According to Cytrin, “in other yeshivot, the rabbis have the exact same resume, studied at the same yeshivot, and you can take one quick look at their headgear and be able to anticipate with a fair degree of accuracy what they are going to say, before they say it. Not here. I needed a place where I could hear different voices and different views, argued eloquently and passionately, but respectfully.”
The third honoree, Rabbi Elie Silverberg, came to Shapell’s decades ago as a young student and became the first alumnus to join the full-time faculty. Looking out at the diverse crowd, he said that “even after over 20 years of teaching at Shapell’s, I never cease to marvel at the courage of these young people to take control of their lives and dedicate themselves to Torah and mitzvot. In almost all cases, this involves sacrifices – on many levels.”
THE SHAPELL’S approach imbues learning and thinking about Judaism with a certain self-sufficiency.
Indeed, many alumni gravitate toward leadership roles, and can be found in over 30 countries, making significant contributions to academia, government, the rabbinate, business, medicine, the arts and a host of other fields.
Among them are Ron Dermer, Israel’s ambassador to the United States; Allison Josephs, creator of the famous Jew in the City website; Scott Goldberg, Yeshiva University’s vice provost for teaching and learning; Rabbi Yonah Bookstein, founder of Jewlicious, which has changed the face of Jewish outreach in Southern California; Dr. Joshua Penn, founder of Diagnostic Partners, a pioneer in medical diagnostic imaging; Rabbi Matias Libedinsky, the driving force behind the revival of the Jewish community in Chile.
But the impact of Shapell’s alumni is perhaps most evident in Israel.

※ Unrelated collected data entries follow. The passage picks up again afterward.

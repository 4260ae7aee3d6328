-- ===== src/Core/Native/Settlement.antt =====
-- When native work counts as idle.
use dorf.Base.{
  ◌≡◌, ◌⊎◌, inl, inr, true, false, Option, some, List, [], ◌==◌, all, arith, Bool-cases,
  Option-cases,
}
use dorf.Base.Results.{ok, Result-cases}
use dorf.Core.Domain.{Session, Sandbox}
use dorf.Effects.{World, ◌>>=◌, ◌>>◌, pure, fail, branch, transact, call}
use dorf.Store.Table.{get, get-put_self, update}
use dorf.Store.Db.{SessionRow}
use dorf.Store.Native.{state_of, settled_row, finish_native_mutation}
use dorf.Core.Native.{
  HarnessTurn, terminal, is_pending_mutation, native_mutation_proven, NativeSession,
  settle_by_history, native_idle,
}

-- The history that was read proves the pending mutation and has only terminal Turns, and the mutation
-- is settled.
pub record IsProven (native : Option NativeSession) (s : Session) (owned : Sandbox) (w w' : World)
    (r : SessionRow) : Type 0 where
  pub n : NativeSession
  pub turns : List HarnessTurn
  pub present : native ≡ some n
  pub read : n.read_native_turns w.calls s owned ≡ ok turns
  pub proven : native_mutation_proven (state_of r) turns ≡ true
  pub ended : all terminal turns ≡ true
  pub settled : get s.id w'.db.sessions ≡ some (settled_row r)

-- Native work counts as idle only where no mutation was pending, and then nothing is changed, or where
-- the native history proves the pending one and has only terminal Turns, and then it is settled.
pub native_idle-settles :
    (native : Option NativeSession) (s : Session) (owned : Sandbox) (w w' : World) (r : SessionRow)
    → get s.id w.db.sessions ≡ some r
    → native_idle native s owned w ≡ (ok true, w')
    → ((is_pending_mutation (state_of r) ≡ false) × (w'.db ≡ w.db)) ⊎ IsProven native s owned w w' r
unfolding native_idle settle_by_history finish_native_mutation update call transact branch pure fail
    ◌>>=◌ ◌>>◌
native_idle-settles native s owned w w' r e h =
    elim (Bool-cases (is_pending_mutation (state_of r))) [
      | inr p ↦ inl (
        p,
        elim (Bool-cases (s.thread_id == [])) [
          | inl t ↦ ground (arith, e, p, t)
          | inr t ↦ elim (Option-cases native) [
            | inl m ↦ absurd (ground (arith, e, p, t, m))
            | inr (n, m) ↦ ground (arith, e, p, t, m)
          ]
        ],
      )
      | inl p ↦ elim (Bool-cases (s.thread_id == [])) [
        | inl t ↦ absurd (ground (arith, e, p, t))
        | inr t ↦ elim (Option-cases native) [
          | inl m ↦ absurd (ground (arith, e, p, t, m))
          | inr (n, m) ↦ elim (Result-cases (n.read_native_turns w.calls s owned)) [
            | inr (x, q) ↦ absurd (ground (arith, e, p, t, m, q))
            | inl (turns, q) ↦ inr (record {
              n = n;
              turns = turns;
              present = m;
              read = q;
              proven = ground (arith, e, p, t, m, q);
              ended = ground (arith, e, p, t, m, q);
              settled =
                  ground (arith, e, p, t, m, q, get-put_self s.id (settled_row r) w.db.sessions);
            })
          ]
        ]
      ]
    ]
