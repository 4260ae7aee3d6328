-- ===== src/Core/Profiles/Identity.antt =====
-- What `CurrentDefinitionHash` hashes tells definitions apart.
use dorf.Base.{ℕ, ◌≡◌, refl, ap, sym, Bool, true, false, List, [], ◌∷◌, ◌++◌, Text, length, arith}
use dorf.Std.Decimal.{decimal, leading_number, leading_number-decimal}
use dorf.Core.Profiles.{
  SandboxProvider, incus, e2b, provider_text, Definition, bool_text, hash_fields, write_fields,
  canonical,
}

append_inj : (f g x y : Text) → length f ≡ length g → f ++ x ≡ g ++ y → (f ≡ g) × (x ≡ y)
append_inj [] [] x y n e = (refl, e)
append_inj [] (d ∷ g) x y n e = absurd (omega (arith, n))
append_inj (c ∷ f) [] x y n e = absurd (omega (arith, n))
append_inj (c ∷ f) (d ∷ g) x y n e = ground (arith, append_inj f g x y)

number_of : (n : ℕ) (t : Text) → leading_number 0 (decimal n ++ (58 ∷ t)) ≡ (n, 58 ∷ t)
unfolding leading_number
number_of n t = leading_number-decimal n (58 ∷ t)

number_inj :
    (n m : ℕ) (t u : Text) → decimal n ++ (58 ∷ t) ≡ decimal m ++ (58 ∷ u) → (n ≡ m) × (t ≡ u)
number_inj n m t u e = ground (arith, number_of n t, number_of m u, ap (leading_number 0) e)

decimal_inj : (n m : ℕ) → decimal n ≡ decimal m → n ≡ m
decimal_inj n m e = (number_inj n m [] [] (ap (λ (d : Text). d ++ (58 ∷ [])) e)).0

not_empty : (n : ℕ) (t : Text) → decimal n ++ (58 ∷ t) ≡ [] → ⊥
unfolding leading_number
not_empty n t e = ground (arith, number_of n t, ap (leading_number 0) e)

pub write_fields_inj : (fs gs : List Text) → write_fields fs ≡ write_fields gs → fs ≡ gs
unfolding write_fields
write_fields_inj [] [] e = refl
write_fields_inj [] (g ∷ gs) e = absurd (not_empty _ _ (sym e))
write_fields_inj (f ∷ fs) [] e = absurd (not_empty _ _ e)
write_fields_inj (f ∷ fs) (g ∷ gs) e =
    let n = number_inj (length f) (length g) _ _ e in
    let p = append_inj f g _ _ n.0 n.1 in ground (arith, p.0, write_fields_inj fs gs p.1)

provider_inj : (a b : SandboxProvider) → provider_text a ≡ provider_text b → a ≡ b
provider_inj incus incus e = refl
provider_inj incus e2b e = cc
provider_inj e2b incus e = cc
provider_inj e2b e2b e = refl

bool_inj : (a b : Bool) → bool_text a ≡ bool_text b → a ≡ b
bool_inj true true e = refl
bool_inj true false e = cc
bool_inj false true e = cc
bool_inj false false e = refl

-- Two definitions with the same canonical text are equal in every field.
pub canonical_inj : (d e : Definition) → canonical d ≡ canonical e → d ≡ e
unfolding canonical
canonical_inj d e h =
    let all : hash_fields d ≡ hash_fields e = write_fields_inj _ _ h in
    ground (
      arith,
      all,
      provider_inj d.provider e.provider,
      decimal_inj d.e2b_sandbox_timeout e.e2b_sandbox_timeout,
      bool_inj d.e2b_allow_internet e.e2b_allow_internet,
    )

Nearly 1,000 of them have made aliya. They live and work in every corner of the state; they have advised prime ministers, are forging new paths in education, lead significant nonprofit organizations, oversee programs in hospitals and write for major newspapers.

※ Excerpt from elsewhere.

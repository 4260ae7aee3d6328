-- ===== src/Direct.antt =====
-- internal/direct: the Session that a client asks for directly.
pub mod Admission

Virtually all of Shapell’s students enter as ba’alei teshuva. Typically Shapell’s students arrive after graduating college or having already developed a career. Most have not attended Jewish day schools, and come to the yeshiva with only a rudimentary background in Judaism, but they come looking for intellectual and spiritual substance. The faculty is determined to ensure that by the time they leave, they will be in possession of considerable training in the navigation of Jewish texts and the ability to integrate seamlessly into an Orthodox community.
Some would say the yeshiva’s success comes down to recognizing a shared Jewish destiny – that it is a place where the essence of Judaism is ultimately what matters. The kippot are beside the point.
The writer is a Jewish communal professional and co-author of Doublelife: One Family, Two Faiths and a Journey of Hope. He and his wife are at work on their second book, profiling the lives of American converts to Judaism who live over the Green Line.